Richter, Thomas
Warum man im Auto nicht Wagner hören sollte
Musik und Gehirn
Auf gerade mal 190 Seiten gelingt es Thomas Richter, die Themen «Musik und Gehirn», «Musik und Menschheitsgeschichte» und sogar «Die Zukunft des Gehirns» unterzubringen. Respekt, sagt man da, zumal es sich ja nicht nur um große Problemfelder handelt, sondern auch um weithin Unerforschtes, ja sogar um Prophezeiungen. Richter misst sich nicht an, all das klären zu können, was er anspricht. «Vieles bleibt offen», heißt es am Ende des Buches. Gleich zu Beginn räumt der frühere Pianist und heutige Berater pharmazeutischer Unternehmen zu Recht ein: «Die Hirnforschung wird klar unterscheiden müssen, was sie sagen kann und was außerhalb ihres Zuständigkeitsbereiches liegt, so wie die Musikwissenschaft [
] zu Bachs Fuge einiges zu sagen hat, zur Erklärung ihrer einzigartigen Schönheit aber schweigen muss.»
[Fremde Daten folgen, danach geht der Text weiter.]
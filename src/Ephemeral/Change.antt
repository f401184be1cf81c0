-- ===== src/Ephemeral/Change.antt =====
-- What may happen to the table of shares: the edges of its state machine. Refines shows that the
-- methods of the service follow them, under any failures.
use bytevault.Prelude.{
  ℕ, suc, ◌+◌, Bool, true, false, ◌&&◌, none, some, [], ◌∷◌, ltb, leb, ◌==◌, ◌≡◌, ◌≢◌, ◌⊎◌, refl,
  ◌∙◌,
}
use bytevault.Prelude.Table.{find?, update}
use bytevault.Prelude.Table
use bytevault.Prelude.Action.{World}
use bytevault.Prelude.Action.Leads.{Leads}
use bytevault.Ephemeral.{Status, burned, active, expired, Share, Db, Service}
use bytevault.Ephemeral.Repository.{is_uploading, is_active, is_open, stored, count_download}
use bytevault.Ephemeral.Purge.{burned_or_expired}

abbrev pub has_token : ℕ → Share → Bool
has_token token r = r.token == token

abbrev pub has_id : ℕ → Share → Bool
has_id id r = r.id == id

abbrev pub with_status : Status → Share → Share
with_status status r = record r { status = status }

abbrev pub burn_at : ℕ → Share → Share
burn_at now r = record r { status = burned; burned_at = some now }

abbrev pub clear : Share → Share
clear r = record r { storage_key = 0; status = burned_or_expired r.status }

-- One write at time `now`. `lossy` is the permission to count a last download without burning.
pub data Change (lossy : Type 0) (now : ℕ) (d d' : Db) : Type 0 where
  insert :
      (s : Share)
      → s.download_count ≡ 0
      → find? (has_token s.token) d.shares ≡ none
      → d'.shares ≡ stored s d.next_id now ∷ d.shares
      → d'.next_id ≡ suc d.next_id
      → Change lossy now d d'
  remove :
      (token : ℕ) (s : Share)
      → find? (has_token token) d.shares ≡ some s
      → is_uploading s.status ≡ true
      → d'.shares ≡ Table.delete (has_token token) d.shares
      → d'.next_id ≡ d.next_id
      → Change lossy now d d'
  activate :
      (token : ℕ) (s : Share)
      → find? (has_token token) d.shares ≡ some s
      → is_uploading s.status ≡ true
      → d'.shares ≡ update (has_token token) (with_status active) d.shares
      → d'.next_id ≡ d.next_id
      → Change lossy now d d'
  burn :
      (token : ℕ)
      → d'.shares ≡ update (has_token token) (with_status burned) d.shares
      → d'.next_id ≡ d.next_id
      → Change lossy now d d'
  count :
      (token : ℕ) (s b : Share)
      → find? (has_token token) d.shares ≡ some s
      → is_active s.status ≡ true
      → find? (has_id s.id) d.shares ≡ some b
      → (leb b.max_downloads (b.download_count + 1) ≡ false) ⊎ lossy
      → d'.shares ≡ update (has_id s.id) count_download d.shares
      → d'.next_id ≡ d.next_id
      → Change lossy now d d'
  count_and_burn :
      (token : ℕ) (s b : Share)
      → find? (has_token token) d.shares ≡ some s
      → is_active s.status ≡ true
      → find? (has_id s.id) d.shares ≡ some b
      → leb b.max_downloads (b.download_count + 1) ≡ true
      → d'.shares
        ≡ update (has_id s.id) (burn_at now) (update (has_id s.id) count_download d.shares)
      → d'.next_id ≡ d.next_id
      → Change lossy now d d'
  expire :
      d'.shares
        ≡ update (λ r. is_open r.status && ltb r.expires_at now) (with_status expired) d.shares
      → d'.next_id ≡ d.next_id
      → Change lossy now d d'
  clear_key :
      (id : ℕ)
      → d'.shares ≡ update (has_id id) clear d.shares
      → d'.next_id ≡ d.next_id
      → Change lossy now d d'

pub data Changes (lossy : Type 0) (now : ℕ) (d : Db) : Db → Type 0 where
  start : {d' : Db} → d'.shares ≡ d.shares → d'.next_id ≡ d.next_id → Changes lossy now d d'
  next_change : {e d' : Db} → Changes lossy now d e → Change lossy now e d' → Changes lossy now d d'

pub one : {lossy : Type 0} {now : ℕ} {d d' : Db} → Change lossy now d d' → Changes lossy now d d'
one {d} c = next_change (start {d' = d} refl refl) c

-- The rest of the state is free.
pub Change-same :
    {lossy : Type 0} {now : ℕ} {d e e' : Db}
    → Change lossy now d e
    → e'.shares ≡ e.shares
    → e'.next_id ≡ e.next_id
    → Change lossy now d e'
Change-same (insert s c f p q) hs hn = insert s c f (hs ∙ p) (hn ∙ q)
Change-same (remove t s f u p q) hs hn = remove t s f u (hs ∙ p) (hn ∙ q)
Change-same (activate t s f u p q) hs hn = activate t s f u (hs ∙ p) (hn ∙ q)
Change-same (burn t p q) hs hn = burn t (hs ∙ p) (hn ∙ q)
Change-same (count t s b f a g l p q) hs hn = count t s b f a g l (hs ∙ p) (hn ∙ q)
Change-same (count_and_burn t s b f a g l p q) hs hn =
    count_and_burn t s b f a g l (hs ∙ p) (hn ∙ q)
Change-same (expire p q) hs hn = expire (hs ∙ p) (hn ∙ q)
Change-same (clear_key i p q) hs hn = clear_key i (hs ∙ p) (hn ∙ q)

pub Changes-same :
    {lossy : Type 0} {now : ℕ} {d e e' : Db}
    → Changes lossy now d e
    → e'.shares ≡ e.shares
    → e'.next_id ≡ e.next_id
    → Changes lossy now d e'
Changes-same (start p q) hs hn = start (hs ∙ p) (hn ∙ q)
Changes-same (next_change c ch) hs hn = next_change c (Change-same ch hs hn)

-- An action that writes no share, neither turns the clock nor brings in failures.
pub record Quiet {A : Type 0} (m : Service A) : Type 0 where
  pub shares : (w : World Db) → (m w).1.db.shares ≡ w.db.shares
  pub next_id : (w : World Db) → (m w).1.db.next_id ≡ w.db.next_id
  pub now : (w : World Db) → (m w).1.now ≡ w.now
  pub faults : (w : World Db) → w.faults ≡ [] → (m w).1.faults ≡ []

-- From a given start: no share written yet; and written along the edges.
module _ (start_ : World Db) where
  pub record Untouched (w : World Db) : Type 0 where
    pub shares : w.db.shares ≡ start_.db.shares
    pub next_id : w.db.next_id ≡ start_.db.next_id
    pub now : w.now ≡ start_.now
    pub faults : start_.faults ≡ [] → w.faults ≡ []

  pub record Evolved (w : World Db) : Type 0 where
    pub changes : Changes (start_.faults ≢ []) start_.now start_.db w.db
    pub now : w.now ≡ start_.now
    pub faults : start_.faults ≡ [] → w.faults ≡ []

  pub Untouched-Evolved : (w : World Db) → Untouched w → Evolved w
  Untouched-Evolved w u = record {
    changes = start u.shares u.next_id;
    now = u.now;
    faults = u.faults;
  }

  pub Quiet-Untouched : {A : Type 0} (m : Service A) → Quiet m → Leads Untouched Untouched m
  Quiet-Untouched m q = record {
    at = λ w u. record {
      shares = q.shares w ∙ u.shares;
      next_id = q.next_id w ∙ u.next_id;
      now = q.now w ∙ u.now;
      faults = λ h. q.faults w (u.faults h);
    };
  }

  pub Quiet-Evolved : {A : Type 0} (m : Service A) → Quiet m → Leads Evolved Evolved m
  Quiet-Evolved m q = record {
    at = λ w u. record {
      changes = Changes-same u.changes (q.shares w) (q.next_id w);
      now = q.now w ∙ u.now;
      faults = λ h. q.faults w (u.faults h);
    };
  }
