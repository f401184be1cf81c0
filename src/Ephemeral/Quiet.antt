-- ===== src/Ephemeral/Quiet.antt =====
-- Actions that write no share: the rules by which they are built.
pub mod Methods
use bytevault.Prelude.{
  ℕ, zero, suc, ◌+◌, Bool, true, false, Option, none, some, List, [], ◌∷◌, ◌≡◌, refl, ◌∙◌, arith,
}
use bytevault.Prelude.Int.{ℤ}
use bytevault.Prelude.Action.{
  World, Result, ok, err, pure, raise, gets, query, attempt, ignore, require, or_raise, modify,
  when, continue, ◌>>=◌,
}
use bytevault.Ephemeral.{Share, Settings, Url, StorageCall, Db, Error, Service}
use bytevault.Ephemeral.Repository.{
  get_settings, update_settings, find_by_token, count_uploads_by_ip_in_window, storage_call,
  presign, forget_progress,
}
use bytevault.Ephemeral.Upload.{
  add_once, abort_on_failure, check_rate, with_part, part_urls, refresh_part, refresh_urls,
  refresh_multipart_part_urls, update_live_progress,
}
use bytevault.Ephemeral.Download.{preview_url, get_metadata}
use bytevault.Ephemeral.Purge.{Target, select_targets, purge_objects}
use bytevault.Ephemeral.Change.{Quiet}

-- A read.
pub Quiet-query :
    {A : Type 0} (e : Error) (f : ℕ → Db → A × Db)
    → ((n : ℕ) (d : Db) → (f n d).1.shares ≡ d.shares)
    → ((n : ℕ) (d : Db) → (f n d).1.next_id ≡ d.next_id)
    → Quiet (query e f)
unfolding ◌>>=◌
Quiet-query e f hs hn = record {
  shares = λ w. ground (arith, hs w.now w.db);
  next_id = λ w. ground (arith, hn w.now w.db);
  now = λ w. ground arith;
  faults = λ w h. ground arith;
}

module _ {A : Type 0} where
  pub Quiet-pure : (a : A) → Quiet (pure a)
  unfolding ◌>>=◌
  Quiet-pure a = record {
    shares = λ w. refl;
    next_id = λ w. refl;
    now = λ w. refl;
    faults = λ w h. h;
  }

  pub Quiet-raise : (e : Error) → Quiet (raise {A = A} e)
  unfolding ◌>>=◌
  Quiet-raise e = record {
    shares = λ w. refl;
    next_id = λ w. refl;
    now = λ w. refl;
    faults = λ w h. h;
  }

  pub Quiet-gets : (f : ℕ → Db → A) → Quiet (gets f)
  unfolding ◌>>=◌
  Quiet-gets f = record {
    shares = λ w. refl;
    next_id = λ w. refl;
    now = λ w. refl;
    faults = λ w h. h;
  }

  pub Quiet-or_raise : (o : Option A) (e : Error) → Quiet (or_raise o e)
  unfolding ◌>>=◌
  Quiet-or_raise none e = Quiet-raise e
  Quiet-or_raise (some a) e = Quiet-pure a

  pub Quiet-attempt : (m : Service A) → Quiet m → Quiet (attempt m)
  unfolding ◌>>=◌
  Quiet-attempt m q = record {
    shares = q.shares;
    next_id = q.next_id;
    now = q.now;
    faults = q.faults;
  }

  pub Quiet-ignore : (m : Service A) → Quiet m → Quiet (ignore m)
  unfolding ◌>>=◌
  Quiet-ignore m q = record {
    shares = q.shares;
    next_id = q.next_id;
    now = q.now;
    faults = q.faults;
  }

pub Quiet-require : (b : Bool) (e : Error) → Quiet (require b e)
unfolding ◌>>=◌
Quiet-require true e = Quiet-pure tt
Quiet-require false e = Quiet-raise e

pub Quiet-when : (b : Bool) (m : Service Unit) → Quiet m → Quiet (when b m)
unfolding ◌>>=◌
Quiet-when true m q = record {
  shares = q.shares;
  next_id = q.next_id;
  now = q.now;
  faults = q.faults;
}
Quiet-when false m q = Quiet-pure tt

module _ {A B : Type 0} where
  Quiet-continue :
      (r : Result Error A) (f : A → Service B) → ((a : A) → Quiet (f a)) → Quiet (continue r f)
  unfolding raise
  Quiet-continue (ok a) f q = record {
    shares = (q a).shares;
    next_id = (q a).next_id;
    now = (q a).now;
    faults = (q a).faults;
  }
  Quiet-continue (err e) f q = Quiet-raise e

  pub Quiet-bind :
      (m : Service A) (f : A → Service B) → Quiet m → ((a : A) → Quiet (f a)) → Quiet (m >>= f)
  unfolding ◌>>=◌
  Quiet-bind m f q r = record {
    shares = λ w. (next w).shares (m w).1 ∙ q.shares w;
    next_id = λ w. (next w).next_id (m w).1 ∙ q.next_id w;
    now = λ w. (next w).now (m w).1 ∙ q.now w;
    faults = λ w h. (next w).faults (m w).1 (q.faults w h);
  }
    where
      next : (w : World Db) → Quiet (continue (m w).0 f)
      next w = Quiet-continue (m w).0 f r

pub ruleset action_rules = (
  Quiet-pure, Quiet-raise, Quiet-gets, Quiet-or_raise, Quiet-attempt, Quiet-ignore, Quiet-require,
  Quiet-when, Quiet-bind,
)

pub Quiet-storage_call : (c : StorageCall) → Quiet (storage_call c)
unfolding storage_call ◌>>=◌
Quiet-storage_call c = record {
  shares = λ w. ground arith;
  next_id = λ w. ground arith;
  now = λ w. ground arith;
  faults = λ w h. ground arith;
}

pub Quiet-presign : (u : Url) → Quiet (presign u)
unfolding presign
Quiet-presign u = Quiet-query _ _ (λ n d. refl) (λ n d. refl)

pub Quiet-forget_progress : (token : ℕ) → Quiet (forget_progress token)
unfolding forget_progress ◌>>=◌
Quiet-forget_progress token = record {
  shares = λ w. refl;
  next_id = λ w. refl;
  now = λ w. refl;
  faults = λ w h. h;
}

pub Quiet-update_settings : (s : Settings) → Quiet (update_settings s)
unfolding update_settings
Quiet-update_settings s = Quiet-query _ _ (λ n d. refl) (λ n d. refl)

pub Quiet-read : {A : Type 0} (e : Error) (f : ℕ → Db → A) → Quiet (query e (λ n d. (f n d, d)))
Quiet-read e f = Quiet-query _ _ (λ n d. refl) (λ n d. refl)

pub ruleset base_rules =
    (action_rules, Quiet-read, Quiet-storage_call, Quiet-presign, Quiet-forget_progress)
Die Relativierung mehr oder weniger wissenschaftlicher Methoden führt Richter zu einem feuilletonistischen Knäuel diverser Argumentationsstränge. Evolutionistische Theorien fristen ein erquickliches Dasein, hinzu gesellen sich strenge schulmedizinische Erörterungen über Funktionsweisen unseres Hirns, subjektive Kommentare zu eigenen Musikvorlieben oder auch Spekulationen über die Frequenz-Variationen unseres Kammertons a. Kurzweilig ist das durchaus, und bei der Darstellung ungeheurer Gehirnleistungen beim Hören und Musizieren überzeugen des Autors Kompetenzen. Mit fortschreitender Lektüre aber drängt sich der Eindruck einer gewissen rheinischen Geschwätzigkeit auf. «Aus der Lamäng» kommt auf Dauer zu viel. Und ein ums andere Mal führen Richter seine Subjektivismen aufs Glatteis. Vollends rutscht er aus, wenn er immer wieder auf die «Zwölftonmusik» oder «Neutöner» zu sprechen kommt. Hatte ein Friedrich Blume einst das «Naturereignis» Musik dazu missbraucht, der Elektronischen Musik ihr Daseinsrecht zu nehmen, so verfährt Richter nicht prinzipiell anders. Bei ihm ist es eben das (naturgegebene) Hirn, das offenbar nicht bereit ist, den Schritt mitzumachen von der Tonalität zur Atonalität, von der schönen Melodie zur vermeintlich zusammenhanglosen Tonansammlung Schönbergscher Prägung: «Das Gehirn wehrt sich gegen die atonalen, dissonanten Stücke der Zwölftonmusik, da mag sie noch so sehr die Musiktheorie wie auch die kompositorische Praxis im 20. Jahrhundert beeinflusst haben.»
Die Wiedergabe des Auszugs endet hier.